What are some other forms of bias?

A
  1. Question wording (vague or non descriptive language on one side)
  2. Context (if you could do it again would you have children example from notes)
  3. Inaccurate responses
  4. People selected chose not to participate
21
Q

What is an association?

A

Two variables are associated if values of one variable “tend” to be related to the values of another variable.

22
Q

What is causal association?

A

Two variables are causally associated if changing the value of the explanatory variable influences the value of the response variable.

23
Q

Describe whether the example implies no association, association without causation, or association with causation and name the explanatory and response variables.

Families with many cars tend to also own many TV sets.

A

Association.

  1. families with many cars - explanatory
  2. families with many TV’s - response
24
Q

Describe whether the example implies no association, association without causation, or association with causation and name the explanatory and response variables.

Taking a low-dose aspirin a day reduces the risk of MI

A

Association with Causation.

  1. taking a low-dose aspirin - explanatory
  2. Risk of MI - response
25
Q

Give an example of when association doesn’t mean causation.

A

While it is true that as the number of TV’s per 1000 people increases so does life expectancy, buying more TV’s will not help you live longer!

26
Q

What is the confounding variable?

A

The confounding variable is a third variable that is associated with both the explanatory variable and the response variable.

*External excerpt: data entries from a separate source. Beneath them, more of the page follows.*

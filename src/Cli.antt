-- ===== src/Cli.antt =====
-- internal/cli: how the command line opens the other packages and calls them.
pub mod Runtime
pub mod Calls
pub mod Prompts
pub mod Commands
pub mod Backup
pub mod Admin
pub mod Init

-can offer a explanation for an association

-if confounding variables are present, a causal association can not be determined

27
Q

What is a possible confounding variable.

Do taller people have higher IQ’s?

A

Age (adolescents)

28
Q

What is an experiment?

A

An experiment is a study in which the researcher “actively” controls one or more of the explanatory variables.

29
Q

What is an observational study?

A

An observational study is a study in which the researcher does not actively control the value of any variable, but simply observes.

30
Q

Why can observational studies never be used to establish causality?

A

Because it is very difficult to avoid confounding variables when your just observing.

31
Q

What is a randomized experiment?

A

In this type of experiment, the value of the explanatory variable for each case (unit) is determined randomly, before the response variable is measured.

32
Q

What is a treatment?

A

Treatments are the different levels of the explanatory variables.

33
Q

What is the point of a randomized experiment?

A

Because the explanatory variable is randomly assigned, it is not associated with any other variables, and therefore confounding variables are eliminated!

34
Q

Two things must be true in order to draw causality. What are they?

A
  1. The sample needs to be selected randomly - possible to generalize from the sample to population
  2. The explanatory variable must be randomly assigned - possible to make conclusions about causality
35
Q

What is a Randomized Comparative Experiment?

A

When cases are randomly assigned to different treatment groups and the results of the response variables are compared.

36
Q

What is a Matched Pairs Experiment?

A

When cases get paired up in an obvious way, or each case gets both treatments “in random order” and the individual differences in response variables are examined.

37
Q

What is Single Blind?

A

When participants are not told which treatment group they are in.

38
Q

What is Double Blind?

A

When the participants are not told, AND the people interacting with the participants and recording the results also do not know which group they are in.